### [Exercise requirements]
After reading the entries below, copy word for word the lines from the first through the line containing "pub data CursorCall : Type 0 where", and stop there.

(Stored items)

★ ★ ★ ★ ★

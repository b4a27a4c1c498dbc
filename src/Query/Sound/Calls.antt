-- ===== src/Query/Sound/Calls.antt =====
-- A query, from its submission to the end of its session, stays with the tenant and its limits.
use duckdb_data.Query.Types.{QueryOptions, QueryError, Environment, Run}
use duckdb_data.Query.Checks.{is_trusted_tenant_url}
use duckdb_data.Query.Session.{cancel}
use duckdb_data.Query.Cursor.{next_chunk, next_arrow_chunk, report_arrow_chunk}
use duckdb_data.Query.Client.{fresh_run, prepare_internal, prepare, poll_rounds}
use duckdb_data.Query.Sound.{endpoint, AreConfined, AreWithin, Fits, IsSound}
use duckdb_data.Query.Sound.Steps.{cancel-Keeps}
use duckdb_data.Query.Sound.Chunks.{next_chunk-Keeps}
use duckdb_data.Query.Sound.Arrow.{next_arrow_chunk-Keeps, report_arrow_chunk-Keeps}
use duckdb_data.Query.Sound.Queries.{prepare_internal-Keeps}
use duckdb_data.Base.{
  ℕ, ◌≡◌, refl, subst, ◌⊎◌, Bool, true, List, [], ◌∷◌, ◌++◌, append-nil, arith, Bytes, codes,
  starts_with, Result, ok, err,
}

-- One call of the holder of a cursor, or the end of its session.
pub data CursorCall : Type 0 where
  reads_chunk reads_arrow_chunk destroys : CursorCall
  reports_rows : ℕ → CursorCall

-- The holder may go on after an exception.
abbrev pub call : Environment → CursorCall → Run → Run
call env reads_chunk w = (next_chunk env w).1
call env reads_arrow_chunk w = (next_arrow_chunk env w).1
call env (reports_rows n) w = (report_arrow_chunk env n w).1
call env destroys w = cancel w

unfoldable pub run_calls : Environment → List CursorCall → Run → Run
unfolding next_chunk next_arrow_chunk report_arrow_chunk cancel
run_calls env [] w = w
run_calls env (c ∷ calls) w = run_calls env calls (call env c w)

-- What the holder does with a query that was prepared; one that was not has no cursor.
abbrev pub calls_after : Environment → List CursorCall → Result QueryError (Unit {0}) × Run → Run
calls_after env calls (ok a, w) = run_calls env calls w
calls_after env calls (err e, w) = w

starts_with_refl : (x s : Bytes) → starts_with x (x ++ s) ≡ true
unfolding starts_with
starts_with_refl [] s = refl
starts_with_refl (c ∷ x) s = ground (arith, starts_with_refl x s)

fresh_run-IsSound :
    (env : Environment) (o : QueryOptions) (sql url token : Bytes) (metadata_only : Bool)
    → IsSound url (codes "Bearer " ++ token) o (fresh_run env o sql url token metadata_only)
unfolding AreConfined AreWithin
fresh_run-IsSound env o sql url token metadata_only = (
  (
    refl,
    (
      subst (λ x. starts_with (endpoint url) x ≡ true) (append-nil (endpoint url))
          (starts_with_refl (endpoint url) []),
      refl,
      refl,
    ),
    tt,
  ),
  (refl, ground arith, ground arith, ground arith),
)

module _ (u token : Bytes) (o : QueryOptions) (fits : Fits o) (env : Environment) where
  call-Keeps : (c : CursorCall) (w : Run) → IsSound u token o w → IsSound u token o (call env c w)
  call-Keeps reads_chunk w h = next_chunk-Keeps u token o fits env w h
  call-Keeps reads_arrow_chunk w h = next_arrow_chunk-Keeps u token o fits env w h
  call-Keeps (reports_rows n) w h = report_arrow_chunk-Keeps u token o fits env n w h
  call-Keeps destroys w h = cancel-Keeps u token o w h

  run_calls-Keeps :
      (calls : List CursorCall) (w : Run)
      → IsSound u token o w
      → IsSound u token o (run_calls env calls w)
  unfolding run_calls
  run_calls-Keeps [] w h = h
  run_calls-Keeps (c ∷ calls) w h = run_calls-Keeps calls (call env c w) (call-Keeps c w h)

  calls_after-Keeps :
      (calls : List CursorCall) (x : Result QueryError (Unit {0}) × Run)
      → IsSound u token o x.1
      → IsSound u token o (calls_after env calls x)
  calls_after-Keeps calls (ok a, w) h = run_calls-Keeps calls w h
  calls_after-Keeps calls (err e, w) h = h

-- A URL that is not trusted is refused, and nothing is sent.
prepare_untrusted :
    (env : Environment) (o : QueryOptions) (sql url token : Bytes) (metadata_only : Bool)
    (calls : List CursorCall)
    → (is_trusted_tenant_url url ≡ true)
      ⊎ ((calls_after env calls (prepare env o sql url token metadata_only)).sent ≡ [])
unfolding prepare prepare_internal
prepare_untrusted env o sql url token metadata_only calls = ground arith

-- Whatever the transport, the codec and the clock answer, and whatever calls the holder of the
-- cursor makes after `Prepare` succeeded: nothing is sent unless the URL is a trusted tenant URL;
-- each request went below that tenant's query endpoint, with the token given and without following
-- redirects; and the rows, the cells and the bytes counted are within the limits of the options,
-- which are numbers of 64 bits.
pub calls_after-prepare-IsSound :
    (env : Environment) (o : QueryOptions) (sql url token : Bytes) (metadata_only : Bool)
    (calls : List CursorCall)
    → Fits o
    → ((is_trusted_tenant_url url ≡ true)
        ⊎ ((calls_after env calls (prepare env o sql url token metadata_only)).sent ≡ []))
      × IsSound url
          (codes "Bearer " ++ token)
          o
          (calls_after env calls (prepare env o sql url token metadata_only))
unfolding prepare
calls_after-prepare-IsSound env o sql url token metadata_only calls fits = (
  prepare_untrusted env o sql url token metadata_only calls,
  calls_after-Keeps url (codes "Bearer " ++ token) o fits env calls
      (prepare env o sql url token metadata_only)
      (prepare_internal-Keeps url (codes "Bearer " ++ token) o fits env (poll_rounds env o) sql url
        token (fresh_run env o sql url token metadata_only)
        (fresh_run-IsSound env o sql url token metadata_only)),
)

★ ★ ★ ★ ★

### [Your solution]
repository b4a27a4c1c498dbc
filename src/Query/Sound/Calls.antt
-- ===== src/Query/Sound/Calls.antt =====
-- A query, from its submission to the end of its session, stays with the tenant and its limits.
use duckdb_data.Query.Types.{QueryOptions, QueryError, Environment, Run}
use duckdb_data.Query.Checks.{is_trusted_tenant_url}
use duckdb_data.Query.Session.{cancel}
use duckdb_data.Query.Cursor.{next_chunk, next_arrow_chunk, report_arrow_chunk}
use duckdb_data.Query.Client.{fresh_run, prepare_internal, prepare, poll_rounds}
use duckdb_data.Query.Sound.{endpoint, AreConfined, AreWithin, Fits, IsSound}
use duckdb_data.Query.Sound.Steps.{cancel-Keeps}
use duckdb_data.Query.Sound.Chunks.{next_chunk-Keeps}
use duckdb_data.Query.Sound.Arrow.{next_arrow_chunk-Keeps, report_arrow_chunk-Keeps}
use duckdb_data.Query.Sound.Queries.{prepare_internal-Keeps}
use duckdb_data.Base.{
  ℕ, ◌≡◌, refl, subst, ◌⊎◌, Bool, true, List, [], ◌∷◌, ◌++◌, append-nil, arith, Bytes, codes,
  starts_with, Result, ok, err,
}

-- One call of the holder of a cursor, or the end of its session.
pub data CursorCall : Type 0 where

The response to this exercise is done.